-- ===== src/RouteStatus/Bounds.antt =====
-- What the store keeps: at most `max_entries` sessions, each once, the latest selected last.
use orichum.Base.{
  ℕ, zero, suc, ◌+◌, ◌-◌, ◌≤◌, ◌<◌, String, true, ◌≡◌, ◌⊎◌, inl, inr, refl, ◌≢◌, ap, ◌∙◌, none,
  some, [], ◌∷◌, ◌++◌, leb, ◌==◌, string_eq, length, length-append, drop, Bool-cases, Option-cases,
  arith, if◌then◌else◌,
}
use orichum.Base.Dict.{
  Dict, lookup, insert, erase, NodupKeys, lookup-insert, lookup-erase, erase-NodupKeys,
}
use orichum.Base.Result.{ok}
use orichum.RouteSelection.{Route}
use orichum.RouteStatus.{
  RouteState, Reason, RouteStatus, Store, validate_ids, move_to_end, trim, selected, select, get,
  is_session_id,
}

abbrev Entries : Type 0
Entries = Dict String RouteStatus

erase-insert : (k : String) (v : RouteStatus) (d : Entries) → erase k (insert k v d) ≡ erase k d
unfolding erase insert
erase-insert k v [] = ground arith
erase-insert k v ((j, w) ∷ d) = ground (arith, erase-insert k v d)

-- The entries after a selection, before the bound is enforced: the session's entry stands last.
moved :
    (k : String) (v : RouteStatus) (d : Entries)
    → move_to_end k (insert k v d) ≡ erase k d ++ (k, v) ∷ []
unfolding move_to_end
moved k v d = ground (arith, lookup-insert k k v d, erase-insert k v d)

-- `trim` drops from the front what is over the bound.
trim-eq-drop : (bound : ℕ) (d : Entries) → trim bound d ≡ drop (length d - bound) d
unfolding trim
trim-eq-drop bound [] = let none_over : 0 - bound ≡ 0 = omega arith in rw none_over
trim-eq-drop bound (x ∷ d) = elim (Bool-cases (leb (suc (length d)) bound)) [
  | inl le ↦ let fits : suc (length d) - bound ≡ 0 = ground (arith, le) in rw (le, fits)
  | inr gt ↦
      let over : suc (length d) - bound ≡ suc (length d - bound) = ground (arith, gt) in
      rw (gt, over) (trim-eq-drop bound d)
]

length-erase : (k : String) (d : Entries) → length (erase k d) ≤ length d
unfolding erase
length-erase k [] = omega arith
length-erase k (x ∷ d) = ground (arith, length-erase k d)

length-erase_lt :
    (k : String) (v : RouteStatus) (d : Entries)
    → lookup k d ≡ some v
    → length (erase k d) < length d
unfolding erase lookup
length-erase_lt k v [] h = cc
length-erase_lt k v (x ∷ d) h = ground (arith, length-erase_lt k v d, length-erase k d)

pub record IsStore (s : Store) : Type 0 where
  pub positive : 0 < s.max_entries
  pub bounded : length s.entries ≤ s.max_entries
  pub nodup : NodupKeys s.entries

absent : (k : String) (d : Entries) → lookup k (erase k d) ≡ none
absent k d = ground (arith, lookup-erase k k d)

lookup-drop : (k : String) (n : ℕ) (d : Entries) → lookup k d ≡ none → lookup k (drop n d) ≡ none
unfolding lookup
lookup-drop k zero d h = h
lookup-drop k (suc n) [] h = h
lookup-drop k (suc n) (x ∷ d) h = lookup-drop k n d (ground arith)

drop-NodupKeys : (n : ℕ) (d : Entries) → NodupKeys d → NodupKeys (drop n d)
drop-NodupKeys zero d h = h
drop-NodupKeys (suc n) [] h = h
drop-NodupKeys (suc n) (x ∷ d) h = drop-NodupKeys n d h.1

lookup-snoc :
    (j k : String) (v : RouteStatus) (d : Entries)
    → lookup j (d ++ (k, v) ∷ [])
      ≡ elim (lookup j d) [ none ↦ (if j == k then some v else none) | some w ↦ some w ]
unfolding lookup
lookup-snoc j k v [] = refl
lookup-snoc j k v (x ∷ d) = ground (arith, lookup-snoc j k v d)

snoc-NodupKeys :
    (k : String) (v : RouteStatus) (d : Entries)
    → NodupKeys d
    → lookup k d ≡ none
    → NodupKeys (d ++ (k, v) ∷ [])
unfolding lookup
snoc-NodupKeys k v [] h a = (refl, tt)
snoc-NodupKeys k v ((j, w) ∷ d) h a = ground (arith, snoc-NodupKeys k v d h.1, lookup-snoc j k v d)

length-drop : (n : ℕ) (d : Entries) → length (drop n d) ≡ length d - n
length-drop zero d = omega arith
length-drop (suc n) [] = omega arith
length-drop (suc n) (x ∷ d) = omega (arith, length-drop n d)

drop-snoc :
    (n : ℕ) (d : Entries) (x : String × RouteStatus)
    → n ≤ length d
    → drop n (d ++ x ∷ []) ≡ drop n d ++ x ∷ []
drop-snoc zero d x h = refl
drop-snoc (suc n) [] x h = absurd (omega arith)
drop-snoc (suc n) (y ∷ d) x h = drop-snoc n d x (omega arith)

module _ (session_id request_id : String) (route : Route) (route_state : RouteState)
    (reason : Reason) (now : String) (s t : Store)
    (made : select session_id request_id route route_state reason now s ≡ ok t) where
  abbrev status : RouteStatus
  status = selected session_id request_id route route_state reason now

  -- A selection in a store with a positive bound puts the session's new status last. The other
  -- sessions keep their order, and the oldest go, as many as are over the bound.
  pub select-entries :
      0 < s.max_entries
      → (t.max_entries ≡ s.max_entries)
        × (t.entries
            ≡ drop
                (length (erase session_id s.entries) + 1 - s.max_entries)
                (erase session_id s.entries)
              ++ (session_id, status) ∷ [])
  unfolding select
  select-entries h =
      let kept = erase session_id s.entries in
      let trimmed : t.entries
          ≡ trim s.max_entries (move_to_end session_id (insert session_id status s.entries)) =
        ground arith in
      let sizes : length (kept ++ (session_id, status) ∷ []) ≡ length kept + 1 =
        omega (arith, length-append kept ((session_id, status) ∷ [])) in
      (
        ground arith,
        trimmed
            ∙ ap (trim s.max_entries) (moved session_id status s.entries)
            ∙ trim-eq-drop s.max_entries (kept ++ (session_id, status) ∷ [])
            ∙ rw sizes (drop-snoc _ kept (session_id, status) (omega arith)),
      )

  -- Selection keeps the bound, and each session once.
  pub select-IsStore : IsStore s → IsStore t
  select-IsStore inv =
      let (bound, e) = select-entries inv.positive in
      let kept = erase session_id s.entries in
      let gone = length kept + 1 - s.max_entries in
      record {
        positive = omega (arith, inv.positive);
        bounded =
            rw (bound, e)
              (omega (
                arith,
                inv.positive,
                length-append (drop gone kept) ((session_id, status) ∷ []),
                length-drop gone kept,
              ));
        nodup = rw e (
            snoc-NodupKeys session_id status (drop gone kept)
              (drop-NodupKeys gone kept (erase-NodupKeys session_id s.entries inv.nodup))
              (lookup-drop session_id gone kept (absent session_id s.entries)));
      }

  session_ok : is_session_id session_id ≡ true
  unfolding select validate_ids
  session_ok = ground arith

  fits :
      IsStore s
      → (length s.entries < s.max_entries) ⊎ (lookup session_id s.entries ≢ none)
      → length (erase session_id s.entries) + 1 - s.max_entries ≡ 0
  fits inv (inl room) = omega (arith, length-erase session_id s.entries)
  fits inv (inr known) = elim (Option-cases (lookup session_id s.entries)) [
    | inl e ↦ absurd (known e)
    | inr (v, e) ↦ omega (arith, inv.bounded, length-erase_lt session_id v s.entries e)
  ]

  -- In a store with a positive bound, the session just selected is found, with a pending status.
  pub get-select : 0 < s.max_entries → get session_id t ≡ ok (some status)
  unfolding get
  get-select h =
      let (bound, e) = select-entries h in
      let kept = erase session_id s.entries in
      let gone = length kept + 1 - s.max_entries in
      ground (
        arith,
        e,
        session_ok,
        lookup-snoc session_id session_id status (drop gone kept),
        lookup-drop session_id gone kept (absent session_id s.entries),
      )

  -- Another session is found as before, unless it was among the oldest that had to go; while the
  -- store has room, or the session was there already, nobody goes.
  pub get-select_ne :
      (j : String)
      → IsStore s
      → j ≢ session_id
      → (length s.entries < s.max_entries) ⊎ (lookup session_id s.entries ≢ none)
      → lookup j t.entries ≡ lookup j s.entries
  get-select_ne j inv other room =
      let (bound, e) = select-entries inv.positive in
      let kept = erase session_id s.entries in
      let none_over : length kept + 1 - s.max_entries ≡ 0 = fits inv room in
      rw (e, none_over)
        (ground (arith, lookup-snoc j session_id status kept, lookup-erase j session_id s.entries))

----

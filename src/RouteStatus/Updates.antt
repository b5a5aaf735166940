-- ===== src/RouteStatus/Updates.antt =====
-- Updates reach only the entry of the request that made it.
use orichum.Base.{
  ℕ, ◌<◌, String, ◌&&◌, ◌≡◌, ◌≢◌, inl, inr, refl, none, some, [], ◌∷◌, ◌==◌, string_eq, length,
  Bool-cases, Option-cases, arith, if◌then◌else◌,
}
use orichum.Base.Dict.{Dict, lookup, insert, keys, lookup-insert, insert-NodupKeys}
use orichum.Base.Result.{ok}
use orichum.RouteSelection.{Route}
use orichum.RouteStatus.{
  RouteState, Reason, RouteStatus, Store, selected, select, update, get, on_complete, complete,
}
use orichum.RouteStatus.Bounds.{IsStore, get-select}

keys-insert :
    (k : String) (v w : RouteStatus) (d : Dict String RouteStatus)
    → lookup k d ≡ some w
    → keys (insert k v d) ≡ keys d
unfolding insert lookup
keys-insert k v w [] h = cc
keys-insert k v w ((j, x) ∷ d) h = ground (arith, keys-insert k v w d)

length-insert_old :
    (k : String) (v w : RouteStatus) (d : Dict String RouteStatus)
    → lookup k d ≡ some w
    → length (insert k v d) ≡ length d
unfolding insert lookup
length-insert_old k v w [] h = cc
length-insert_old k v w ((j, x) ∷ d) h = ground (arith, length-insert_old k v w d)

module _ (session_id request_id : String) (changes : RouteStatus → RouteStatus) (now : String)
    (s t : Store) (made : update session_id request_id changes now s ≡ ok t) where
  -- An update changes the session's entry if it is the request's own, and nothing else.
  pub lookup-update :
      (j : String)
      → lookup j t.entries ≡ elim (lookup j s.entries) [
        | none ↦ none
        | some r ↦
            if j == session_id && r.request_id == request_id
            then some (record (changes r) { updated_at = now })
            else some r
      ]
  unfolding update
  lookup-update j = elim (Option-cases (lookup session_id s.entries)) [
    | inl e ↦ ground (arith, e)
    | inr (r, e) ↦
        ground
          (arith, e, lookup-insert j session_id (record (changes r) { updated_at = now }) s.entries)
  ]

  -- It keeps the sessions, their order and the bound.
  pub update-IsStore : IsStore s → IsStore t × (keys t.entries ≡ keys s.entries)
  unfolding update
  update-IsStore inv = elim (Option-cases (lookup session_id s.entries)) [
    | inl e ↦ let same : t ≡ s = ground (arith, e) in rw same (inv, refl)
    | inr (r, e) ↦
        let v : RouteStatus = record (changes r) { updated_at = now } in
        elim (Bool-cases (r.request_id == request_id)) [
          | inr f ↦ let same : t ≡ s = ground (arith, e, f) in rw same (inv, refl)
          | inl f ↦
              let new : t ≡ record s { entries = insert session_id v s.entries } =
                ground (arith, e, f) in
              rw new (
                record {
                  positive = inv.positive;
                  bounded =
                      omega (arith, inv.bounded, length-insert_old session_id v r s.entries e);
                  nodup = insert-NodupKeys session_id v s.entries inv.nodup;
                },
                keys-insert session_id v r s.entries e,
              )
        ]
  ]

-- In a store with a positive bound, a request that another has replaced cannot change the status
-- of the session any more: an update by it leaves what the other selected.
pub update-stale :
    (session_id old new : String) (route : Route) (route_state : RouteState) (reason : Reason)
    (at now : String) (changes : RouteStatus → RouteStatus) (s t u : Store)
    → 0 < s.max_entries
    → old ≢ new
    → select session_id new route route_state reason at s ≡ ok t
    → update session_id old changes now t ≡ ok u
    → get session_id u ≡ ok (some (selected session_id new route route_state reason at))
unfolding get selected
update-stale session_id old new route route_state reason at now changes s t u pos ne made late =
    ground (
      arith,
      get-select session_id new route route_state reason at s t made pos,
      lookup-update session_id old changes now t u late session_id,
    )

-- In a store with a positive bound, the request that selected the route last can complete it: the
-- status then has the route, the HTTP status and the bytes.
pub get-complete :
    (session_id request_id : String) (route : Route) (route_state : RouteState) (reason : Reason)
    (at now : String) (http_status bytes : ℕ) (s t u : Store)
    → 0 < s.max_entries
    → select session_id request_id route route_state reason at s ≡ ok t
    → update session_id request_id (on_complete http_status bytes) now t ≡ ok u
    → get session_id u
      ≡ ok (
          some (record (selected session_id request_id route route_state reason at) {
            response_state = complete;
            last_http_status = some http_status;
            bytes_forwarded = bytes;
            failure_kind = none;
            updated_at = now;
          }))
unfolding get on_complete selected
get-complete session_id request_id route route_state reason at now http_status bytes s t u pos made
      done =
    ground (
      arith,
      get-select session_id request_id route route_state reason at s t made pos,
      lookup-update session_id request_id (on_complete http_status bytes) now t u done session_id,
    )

----

## TASK OBJECTIVE
In the entries above, find the line holding "elim (Bool-cases (r.request_id" and the line holding "-- In a store with a positive bound, the request", then retype exactly those two lines and every line between them, and nothing else.

## RESPONSE
        elim (Bool-cases (r.request_id == request_id)) [
          | inr f ↦ let same : t ≡ s = ground (arith, e, f) in rw same (inv, refl)
          | inl f ↦
              let new : t ≡ record s { entries = insert session_id v s.entries } =
                ground (arith, e, f) in
              rw new (
                record {
                  positive = inv.positive;
                  bounded =
                      omega (arith, inv.bounded, length-insert_old session_id v r s.entries e);
                  nodup = insert-NodupKeys session_id v s.entries inv.nodup;
                },
                keys-insert session_id v r s.entries e,
              )
        ]
  ]

-- In a store with a positive bound, a request that another has replaced cannot change the status
-- of the session any more: an update by it leaves what the other selected.
pub update-stale :
    (session_id old new : String) (route : Route) (route_state : RouteState) (reason : Reason)
    (at now : String) (changes : RouteStatus → RouteStatus) (s t u : Store)
    → 0 < s.max_entries
    → old ≢ new
    → select session_id new route route_state reason at s ≡ ok t
    → update session_id old changes now t ≡ ok u
    → get session_id u ≡ ok (some (selected session_id new route route_state reason at))
unfolding get selected
update-stale session_id old new route route_state reason at now changes s t u pos ne made late =
    ground (
      arith,
      get-select session_id new route route_state reason at s t made pos,
      lookup-update session_id old changes now t u late session_id,
    )

-- In a store with a positive bound, the request that selected the route last can complete it: the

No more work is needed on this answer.